The Victoria CD by Andrew Carwood and the Cardinall's Musick is well done.


----------



## Sid James (Feb 7, 2009)

I am like you, Andrew B., I have only heard/got de Victoria's _Requiem_ & haven't heard anything else by the man. This is quite a laid-back requiem, kind of lyrical compared to some others I've heard. I have an Australian self-published recording sung by Sydney's Christ Church St Laurence Choir under the direction of Dr Neil McEwan, which is excelllent, coupled with motets by Byrd, Tallis & Palestrina & also the traditional Gregorian chant requiem mass.
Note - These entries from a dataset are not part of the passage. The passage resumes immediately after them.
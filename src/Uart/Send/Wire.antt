-- ===== src/Uart/Send/Wire.antt =====
-- Which bytes `uart_send_tsk` puts on the line.
use multi_port_convertor.Base.{
  ℕ, zero, suc, ◌+◌, ◌*◌, ◌/◌, ◌%◌, ◌≤◌, ◌<◌, ◌≡◌, refl, ap, ◌∙◌, List, [], ◌∷◌, ◌++◌, arith, done,
  faults, length, length-append, take, drop, append-nil, read, read-done, length-drop, length,
}
use multi_port_convertor.Uart.Frame.{bytes_of, frame_len}
use multi_port_convertor.Uart.Frame.Checksum.{sum}
use multi_port_convertor.Uart.Notify.{SendInfo}
use multi_port_convertor.Uart.Notify.Frames.{framed}
use multi_port_convertor.Uart.Send.{cmd_size, send_loop}

take-take : (n : ℕ) (xs : List ℕ) → take n (take n xs) ≡ take n xs
take-take zero xs = refl
take-take (suc n) [] = refl
take-take (suc n) (x ∷ xs) = ap (λ ys. x ∷ ys) (take-take n xs)

-- Where the port takes a frame in one call, the line gets the frame's bytes.
pub send_loop-whole :
    (object later : List ℕ) (len : ℕ)
    → 0 < len
    → len ≤ length object
    → send_loop (len ∷ later) object 0 len ≡ done (take len object)
unfolding send_loop
send_loop-whole object [] len p h =
    ground (arith, read-done object len, take-take len object, append-nil (take len object))
send_loop-whole object (x ∷ later) len p h =
    ground (arith, read-done object len, take-take len object, append-nil (take len object))

drop_all : (n : ℕ) (xs : List ℕ) → length xs ≤ n → drop n xs ≡ []
drop_all zero [] h = refl
drop_all zero (x ∷ xs) h = absurd (omega arith)
drop_all (suc n) [] h = refl
drop_all (suc n) (x ∷ xs) h = drop_all n xs (omega arith)

-- Where the port takes only a part of a frame of at most 136 bytes and would then take more, the
-- second call reads outside the object.
pub send_loop-partial :
    (object later : List ℕ) (len first second : ℕ)
    → length object ≡ cmd_size
    → len ≤ cmd_size
    → 0 < first
    → first < len
    → 0 < second
    → send_loop (first ∷ second ∷ later) object 0 len ≡ faults
unfolding send_loop read
send_loop-partial object later len first second s l a b c =
    ground (arith, drop_all ((0 + first) * cmd_size) object)

take-append_suc :
    (xs : List ℕ) (y : ℕ) (ys : List ℕ) → take (suc (length xs)) (xs ++ (y ∷ ys)) ≡ xs ++ (y ∷ [])
take-append_suc [] y ys = refl
take-append_suc (x ∷ xs) y ys = ap (λ zs. x ∷ zs) (take-append_suc xs y ys)

-- Where the port takes the frame of at most 128 bytes in one call, the line gets the start byte,
-- the length in two bytes, four header bytes, the content, and the sum of header and content modulo
-- 256.
pub send_loop-framed :
    (info : SendInfo) (sn : ℕ) (content old later : List ℕ)
    → length content ≤ 128
    → length old ≡ 129
    → let f = framed info sn content old in
      send_loop ((frame_len f + 4) ∷ later) (bytes_of f) 0 (frame_len f + 4)
      ≡ done (
          0xD0
          ∷ (length content + 4) / 256
          ∷ (length content + 4) % 256
          ∷ 0
          ∷ sn
          ∷ info.pdt_type
          ∷ info.cmd_id
          ∷ (content ++ ((sn + (info.pdt_type + (info.cmd_id + sum content))) % 256 ∷ [])))
send_loop-framed info sn content old later h o =
    let f = framed info sn content old in
    let c = (sn + (info.pdt_type + (info.cmd_id + sum content))) % 256 in
    let e : frame_len f + 4 ≡ suc (suc (suc (suc (suc (suc (suc (suc (length content)))))))) =
      omega arith in
    send_loop-whole (bytes_of f) later (frame_len f + 4) (omega arith) (
      omega (
        arith,
        length-append content (c ∷ drop (suc (length content)) old),
        length-drop (suc (length content)) old,
      ))
    ∙ rw (e, take-append_suc content c (drop (suc (length content)) old)) (ap done (ground arith))
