-- ===== src/Uart/Tasks/Counts.antt =====
-- How the operations on the buffers of uart/ change what is counted of each buffer.
use multi_port_convertor.Base.{
  ℕ, ◌+◌, ◌≡◌, refl, Bool, true, false, List, [], ◌∷◌, arith, ◌==◌, if◌then◌else◌, count,
  count-append,
}
use multi_port_convertor.Tool.Mailbox.{Message, Mailbox, enqueue}
use multi_port_convertor.Uart.State.{Uart}
use multi_port_convertor.Uart.Poll.{Action, reply, transmit, wait, release, keeps, message_of}
use multi_port_convertor.Uart.Poll.Pass.{
  action_on, kept_by, released_one, released_by, posted_one, posted_by,
}
use multi_port_convertor.Uart.Tasks.{pending}

abbrev pub releases : Action → Bool
releases release = true
releases _ = false

abbrev pub posts : Action → Bool
posts reply = true
posts transmit = true
posts _ = false

pub pending-enqueue :
    (b : ℕ) (m : Message) (q : Mailbox)
    → pending b (enqueue m q) ≡ (if m.p == b then 1 else 0) + pending b q
unfolding enqueue
pending-enqueue b m [] = refl
pending-enqueue b m (x ∷ q) = ground (arith, pending-enqueue b m q)

module _ (u : Uart) (b : ℕ) where
  pub count-kept :
      (bs : List ℕ) → count b (kept_by u bs) ≡ (if keeps (action_on u b) then count b bs else 0)
  count-kept [] = ground arith
  count-kept (c ∷ bs) = ground (arith, count-kept bs)

  count-released_one :
      (a : Action) (c : ℕ)
      → count b (released_one a c) ≡ (if releases a then if c == b then 1 else 0 else 0)
  count-released_one reply c = refl
  count-released_one transmit c = refl
  count-released_one wait c = refl
  count-released_one release c = omega arith

  pub count-released :
      (bs : List ℕ)
      → count b (released_by u bs) ≡ (if releases (action_on u b) then count b bs else 0)
  count-released [] = ground arith
  count-released (c ∷ bs) = ground (
    arith,
    count-append b (released_one (action_on u c) c) (released_by u bs),
    count-released_one (action_on u c) c,
    count-released bs,
  )

  pending-posted_one :
      (a : Action) (m : Message) (q : Mailbox)
      → pending b (posted_one a m q)
        ≡ (if posts a then if m.p == b then 1 else 0 else 0) + pending b q
  pending-posted_one reply m q = pending-enqueue b m q
  pending-posted_one transmit m q = pending-enqueue b m q
  pending-posted_one wait m q = omega arith
  pending-posted_one release m q = omega arith

  pub pending-posted :
      (bs : List ℕ) (q : Mailbox)
      → pending b (posted_by u bs q)
        ≡ pending b q + (if posts (action_on u b) then count b bs else 0)
  pending-posted [] q = ground arith
  pending-posted (c ∷ bs) q = ground (
    arith,
    pending-posted bs (posted_one (action_on u c) (message_of c u) q),
    pending-posted_one (action_on u c) (message_of c u) q,
  )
It's all good...


----------



## hocket (Feb 21, 2010)

For Victoria (and Guerrero for that matter) I'd really recommend getting ahold of any of the recordings by the Spanish ensembles Musica Ficta or La Colombina. I think they are a lot more exciting than than those by The Tallis Scholars or The Gabrieli Consort in this repertoire.

I do agree with Manxfeeder that The Cardinall's Musick's version of Missa Gaudeamus is great though.


----------



## Manxfeeder (Oct 19, 2010)

hocket said:


> For Victoria (and Guerrero for that matter) I'd really recommend getting ahold of any of the recordings by the Spanish ensembles Musica Ficta or La Colombina. I think they are a lot more exciting than than those by The Tallis Scholars or The Gabrieli Consort in this repertoire.
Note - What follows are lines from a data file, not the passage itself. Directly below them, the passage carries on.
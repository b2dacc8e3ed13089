-- ===== src/Uart/Tasks/Places.antt =====
-- Where a buffer of `g_uart_send_buf` is, and how it moves, as a matter of counts alone.
use multi_port_convertor.Base.{
  ℕ, zero, suc, ◌+◌, ◌-◌, ◌≤◌, ◌<◌, ◌≡◌, refl, arith, ◌==◌, if◌then◌else◌, Bool-cases, inl, inr,
}
use multi_port_convertor.Uart.State.{Poll, zero_poll}
use multi_port_convertor.Uart.Poll.{keeps, release, poll_action}
use multi_port_convertor.Uart.Tasks.{buffers}
use multi_port_convertor.Uart.Tasks.Counts.{releases, posts}

-- The places of the buffer `b`, which stands `cf` times among the free ones and `cs` times in the
-- send list, with `pd` messages about it that are not dealt with, and `p` in its memory: no such
-- buffer; free; an answer that waits to be posted; a notification not yet posted; one that is
-- posted and not answered; one that is answered; an answer that is posted.
pub data Place (b cf cs pd : ℕ) (p : Poll) : Type 0 where
  outside : buffers ≤ b → cf ≡ 0 → cs ≡ 0 → pd ≡ 0 → Place b cf cs pd p
  is_free : b < buffers → cf ≡ 1 → cs ≡ 0 → pd ≡ 0 → p ≡ zero_poll → Place b cf cs pd p
  to_answer : b < buffers → cf ≡ 0 → cs ≡ 1 → pd ≡ 0 → p.type ≡ 0 → Place b cf cs pd p
  to_notify :
      b < buffers
      → cf ≡ 0
      → cs ≡ 1
      → pd ≡ 0
      → p.type ≡ 1
      → p.free_flag ≡ 0
      → p.times ≡ 0
      → Place b cf cs pd p
  notified :
      b < buffers
      → cf ≡ 0
      → cs ≡ 1
      → p.type ≡ 1
      → p.free_flag ≡ 0
      → 1 ≤ p.times
      → p.times ≤ 3
      → Place b cf cs pd p
  answered :
      b < buffers
      → cf ≡ 0
      → cs ≡ 1
      → pd ≡ 0
      → p.type ≡ 1
      → p.free_flag ≡ 1
      → 1 ≤ p.times
      → p.times ≤ 3
      → Place b cf cs pd p
  answering : b < buffers → cf ≡ 0 → cs ≡ 0 → pd ≡ 1 → p.free_flag ≡ 1 → Place b cf cs pd p

-- What a pass makes of the counts and of `poll`.
abbrev pub passed_free : ℕ → ℕ → Poll → ℕ
passed_free cf cs p = cf + (if releases (poll_action p).0 then cs else 0)

abbrev pub passed_sends : ℕ → Poll → ℕ
passed_sends cs p = if keeps (poll_action p).0 then cs else 0

abbrev pub passed_pending : ℕ → ℕ → Poll → ℕ
passed_pending pd cs p = pd + (if posts (poll_action p).0 then cs else 0)

pub pass-Place :
    {b cf cs pd : ℕ} {p p' : Poll}
    → Place b cf cs pd p
    → (cs ≡ 1 → (poll_action p).0 ≡ release → pd ≡ 0)
    → (cs ≡ 1 → p' ≡ (poll_action p).1)
    → (cs ≡ 0 → p' ≡ p)
    → Place b (passed_free cf cs p) (passed_sends cs p) (passed_pending pd cs p) p'
unfolding poll_action
pass-Place (outside l f s q) late on off = outside l (ground arith) (ground arith) (ground arith)
pass-Place (is_free l f s q z) late on off =
    is_free l (ground arith) (ground arith) (ground arith) (ground (arith, off s))
pass-Place (to_answer l f s q t) late on off =
    answering l (ground arith) (ground arith) (ground arith) (ground (arith, on s))
pass-Place (to_notify l f s q t g n) late on off =
    notified l (ground arith) (ground arith) (ground (arith, on s)) (ground (arith, on s))
      (ground (arith, on s)) (ground (arith, on s))
pass-Place {p} (notified l f s t g n m) late on off =
    elim (Bool-cases (releases (poll_action p).0)) [
      | inl r ↦
          let k : (poll_action p).0 ≡ release = ground arith in
          is_free l (ground arith) (ground arith) (ground (arith, late s k)) (ground (arith, on s))
      | inr r ↦
          notified l (ground arith) (ground arith) (ground (arith, on s)) (ground (arith, on s))
            (ground (arith, on s)) (ground (arith, on s))
    ]
pass-Place (answered l f s q t g n m) late on off =
    is_free l (ground arith) (ground arith) (ground arith) (ground (arith, on s))
pass-Place (answering l f s q g) late on off =
    answering l (ground arith) (ground arith) (ground arith) (ground (arith, off s))

-- The first free buffer is queued.
pub queue-Place :
    {b cf cs pd : ℕ} {p : Poll} (t : ℕ)
    → t ≤ 1
    → Place b cf cs pd p
    → 1 ≤ cf
    → Place b (cf - 1) (cs + 1) pd (record p { type = t })
queue-Place zero k (is_free l f s q z) c = to_answer l (omega arith) (omega arith) q refl
queue-Place (suc t) k (is_free l f s q z) c =
    to_notify l (omega arith) (omega arith) q (omega arith) (ground arith) (ground arith)
queue-Place t k (outside l f s q) c = absurd (omega arith)
queue-Place t k (to_answer l f s q y) c = absurd (omega arith)
queue-Place t k (to_notify l f s q y g n) c = absurd (omega arith)
queue-Place t k (notified l f s y g n m) c = absurd (omega arith)
queue-Place t k (answered l f s q y g n m) c = absurd (omega arith)
queue-Place t k (answering l f s q g) c = absurd (omega arith)

-- A frame of the send list is marked as answered.
pub mark-Place :
    {b cf cs pd : ℕ} {p : Poll}
    → Place b cf cs pd p
    → 1 ≤ cs
    → (p.type ≡ 1 → (1 ≤ p.times) × (pd ≡ 0))
    → Place b cf cs pd (record p { free_flag = 1 })
mark-Place (to_answer l f s q y) c h = to_answer l f s q y
mark-Place (to_notify l f s q y g n) c h = absurd (omega (arith, (h y).0))
mark-Place (notified l f s y g n m) c h = answered l f s (h y).1 y refl n m
mark-Place (answered l f s q y g n m) c h = answered l f s q y refl n m
mark-Place (outside l f s q) c h = absurd (omega arith)
mark-Place (is_free l f s q z) c h = absurd (omega arith)
mark-Place (answering l f s q g) c h = absurd (omega arith)

-- A message for the buffer has been dealt with.
pub sent-Place :
    {b cf cs pd cf' : ℕ} {p p' : Poll}
    → Place b cf cs (suc pd) p
    → cf' ≡ (if p.free_flag == 0 then cf else cf + 1)
    → p' ≡ (if p.free_flag == 0 then p else zero_poll)
    → Place b cf' cs pd p'
sent-Place (notified l f s y g n m) c h =
    notified l (ground arith) s (ground arith) (ground arith) (ground arith) (ground arith)
sent-Place (answering l f s q g) c h = is_free l (ground arith) s (omega arith) (ground arith)
sent-Place (to_answer l f s q y) c h = absurd (omega arith)
sent-Place (to_notify l f s q y g n) c h = absurd (omega arith)
sent-Place (answered l f s q y g n m) c h = absurd (omega arith)
sent-Place (outside l f s q) c h = absurd (omega arith)
sent-Place (is_free l f s q z) c h = absurd (omega arith)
I'm listening to Musica Ficta's Requiem. I hadn't paid much attention to this group, because I thought it was Bo Holton's Danish group, Musica Ficta. Thanks for the heads-up.


----------



## hocket (Feb 21, 2010)

Yeah, apparently there's four or five ensembles going by that name so the confusion is fairly widespread. As for Requiems they do a cracking version of Morales's too. Anyway, hope you enjoy it -I thought they revealed the dynamics far more than the Tallis Scholars rather staid version of the Victoria and was a lot less 'stagey' than the McCreesh.


----------



## Manxfeeder (Oct 19, 2010)

hocket said:


> Anyway, hope you enjoy it -I thought they revealed the dynamics far more than the Tallis Scholars rather staid version of the Victoria and was a lot less 'stagey' than the McCreesh.


Yes, I do.


----------



## Andrew B. (Oct 19, 2010)

Thanks for all the suggestions. I've been reading all along, but didn't respond before. I sometimes get confused trying to read here and then look for a place to buy online. My head starts spinning.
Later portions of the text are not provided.